Chapter 5: Saving The Damsel In Distress!
Chapter 5: Saving The Damsel In Distress!
Chapter 5: Saving The Damsel In Distress!
Hugo puffed out his chest, trying to channel every action hero he'd ever seen. He swaggered over, tapped the bloke on the shoulder, and said, "Oi, mate. She doesn't want any of your slobbering tonight. How about you back off?"
The drink-sodden chap turned around, his eyes narrowing as they settled on Hugo. A slow, predatory grin crept across his face.
"Oh, look who it is! The Ass Dragon! You're the guy who blew up the auditorium with his farts, aren't you?"
Hugo's face drained of colour, and his mouth went dry. His bravado crumbled like a sandcastle in a tsunami.
Even this drunken idiot recognised him?
Was he really that socially ruined?
He hurriedly tried to salvage what was left of his reputation. "What? No! That wasn't me! Must've been some other guy... who looks nothing like me! I mean, lots of people have... the same... face?"
The guy wasn't buying it. "Mate, I could smell your... hehe... 'performance' from a mile away. Face it, you're the dude who crop-dusted the whole freshman class!"
Hugo's ears turned as pink as a flamingo. He sneaked a glance at the damsel and found her staring at him with amusement.
He had to salvage this!
"Listen, mate, let's not dwell on the past, yeah? Let's focus on the present. And right now, you're being a creep."
"Oh, I'm the creep, am I? Says the bloke who can't even hold his own breath, let alone a girl's attention."
Hugo's eyes narrowed. This guy was asking for it.
He was messing with an otaku! A demon that thrives in the chaos of Discord servers!
He had been forged in the fires of hundreds of online roast battles. This guy was courting death!
"At least I know how to treat a lady with respect, not like some caveman who got lost on his way to the 21st century."
The guy leaned in, his face twisted with anger. "You're asking for a knuckle sandwich, mate."
As if sensing the impending catastrophe, the DJ switched the track with a devilish smirk.
≈Yo, I'm five foot three, but my attitude's tall,
Spottin' a giant, mate, I'm feelin' the call.
He's six foot eight, built like a tank,
But I'm rollin' up on him like I'm top of the rank.
He's flexin' his muscles, got biceps for days,
I tried to shadowbox, throw a punch in the air,
But he just stood there, like, "You fightin' a chair?"≈
Hugo suddenly tripped and couldn't dodge in time. The drunken bloke didn't miss the opportunity and grabbed him, lifting him up like he weighed nothing!
≈He picked me up, like I'm a featherweight champ,
I'm flailin' around like I'm stuck in a clamp.≈
In the chaos that followed, arms flailed, drinks spilled, and people scattered like bowling pins.

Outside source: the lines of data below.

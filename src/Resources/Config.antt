-- ===== src/Resources/Config.antt =====
-- internal/resources/configmap.go: the flagfile, and the digest that rolls the pod when it changes.
pub mod Digest
pub mod Flags
pub mod Lines
use Prim.Native.Char.{nul}
use serenedb_operator.Prelude.{
  ℕ, String, List, [], ◌∷◌, ◌++◌, map, not, ◌&&◌, ◌==ℕ◌, ◌==◌, if◌then◌else◌, ◌<>◌, join,
  non_empty_or, get_or,
}
use serenedb_operator.Prelude.Dict.{Dict, insert, lookup}
use serenedb_operator.Prelude.Decimal.{decimal}
use serenedb_operator.Prelude.Sort.{sort, str_less}
use serenedb_operator.Api.Meta.{new_meta}
use serenedb_operator.Api.Core.{ConfigMap}
use serenedb_operator.Api.SereneDb.{SereneDb, ConfigSpec}
use serenedb_operator.Resources.Names.{
  name, labels, postgres_port, http_port, flagfile_key, hba_key, tls_mount_path, config_mount_path,
}

-- `orDefault`
abbrev pub or_default : String → String → String
or_default value fallback = non_empty_or value fallback

unfoldable pub append_non_zero : List String → String → ℕ → List String
append_non_zero lines flag value =
    if value ==ℕ 0 then lines else lines ++ (flag <> "=" <> decimal value) ∷ []

abbrev pub log_level : ConfigSpec → String
log_level cfg = or_default cfg.log_level "info"

-- All listeners in the one comma-separated value of --listen.
unfoldable pub listen_value : SereneDb → String
listen_value db =
    let base = "postgres://0.0.0.0:" <> decimal (postgres_port db) in
    let pg =
      if db.spec.listeners.postgres.ssl_mode == ""
      then base
      else base <> "?sslmode=" <> db.spec.listeners.postgres.ssl_mode in
    let scheme : String = if db.spec.tls.enabled then "https" else "http" in
    if not db.spec.listeners.http.enabled
    then pg
    else pg <> "," <> scheme <> "://0.0.0.0:" <> decimal (http_port db) <> "?api=es"

-- The lines of the flagfile, one `--flag=value` each.
unfoldable pub flag_lines : SereneDb → List String
unfolding append_non_zero
flag_lines db =
    let cfg = db.spec.config in
    let lines0 =
      ("--listen=" <> listen_value db)
      ∷ "--log_storage=stdout"
      ∷ ("--log_level=" <> log_level cfg)
      ∷ [] in
    let lines1 = append_non_zero lines0 "--max_connections" cfg.max_connections in
    let lines2 = append_non_zero lines1 "--cpu_threads" cfg.cpu_threads in
    let lines3 = append_non_zero lines2 "--io_threads" cfg.io_threads in
    let lines4 = append_non_zero lines3 "--background_threads" cfg.background_threads in
    let lines5 = lines4 ++ ("--auth_timeout=" <> or_default cfg.auth_timeout "30s") ∷ [] in
    let lines6 =
      lines5 ++ ("--idle_session_timeout=" <> or_default cfg.idle_session_timeout "75s") ∷ [] in
    let lines7 = append_non_zero lines6 "--pg_max_message_bytes" cfg.pg_max_message_bytes in
    let lines8 =
      if db.spec.listeners.http.enabled && not (db.spec.listeners.http.cors_origins == "")
      then lines7 ++ ("--http_cors_origins=" <> db.spec.listeners.http.cors_origins) ∷ []
      else lines7 in
    let lines9 =
      if db.spec.tls.enabled
      then lines8
        ++ ("--tls_cert=" <> tls_mount_path <> "/tls.crt")
          ∷ ("--tls_key=" <> tls_mount_path <> "/tls.key")
          ∷ ("--tls_min_version=" <> or_default db.spec.tls.min_version "1.2")
          ∷ []
      else lines8 in
    let lines10 =
      if cfg.hba == ""
      then lines9
      else lines9 ++ ("--hba_config=" <> config_mount_path <> "/" <> hba_key) ∷ [] in
    lines10 ++ cfg.extra_flags

unfoldable pub flagfile : SereneDb → String
flagfile db = join (flag_lines db) "\n" <> "\n"

unfoldable pub config_map : SereneDb → ConfigMap
config_map db =
    let base : Dict String = (flagfile_key, flagfile db) ∷ [] in
    record {
      metadata = new_meta (name db) db.metadata.namespace (labels db);
      content = if db.spec.config.hba == "" then base else insert hba_key db.spec.config.hba base;
    }

-- What is written to the hash: each key and each value with a NUL behind it, by sorted key.
unfoldable pub digest_of_keys : Dict String → List String → String
digest_of_keys entries [] = ""
digest_of_keys entries (k ∷ keys) =
    k
    <> String.◌∷◌ nul ""
    <> get_or "" (lookup k entries)
    <> String.◌∷◌ nul ""
    <> digest_of_keys entries keys

unfoldable pub digest_input : Dict String → String
unfolding digest_of_keys
digest_input entries = digest_of_keys entries (sort str_less (map (λ e. e.0) entries))

-- `sha256_hex` is SHA-256 with its result in hexadecimal digits.
unfoldable pub config_hash : (String → String) → ConfigMap → String
config_hash sha256_hex cm = sha256_hex (digest_input cm.content)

≈He's got me in a headlock, I'm seein' stars,
But I'm still talkin' smack, like I'm chillin' in bars.≈
The fight—or rather, Hugo's attempt to survive—ended when the drink guy tripped over a discarded cup and went down like a sack of potatoes, taking out a table of snacks with him.
Hugo stood there, panting, his shirt rumpled, his face a mix of fear and unexpected triumph.
The girl looked at him, half-smiling. "You... you really are something."
Hugo wiped a trickle of sweat from his brow, trying to play it cool despite his thumping heart.
"Yeah, well... just another day in the life of your average... totally-not-an-ass-dragon... hero."
Just as Hugo was about to bask in his moment of victory, the drunken dude suddenly stood up!
Hugo's heart leapt in his chest. Why wouldn't this side character follow the script and just stay down?
Was he trying to steal the spotlight from the protagonist?!
Boom!
The entire party flinched as they watched the big bloke land a solid right hook on the shorty's jaw.
They watched as Hugo's eyes rolled back, his body going limp as he crashed to the floor with a sorrowful thud.
They were right; he was definitely going to need an ambulance!
≈So that's my tale, of David and, well...
A Goliath who's more like a living dumbbell.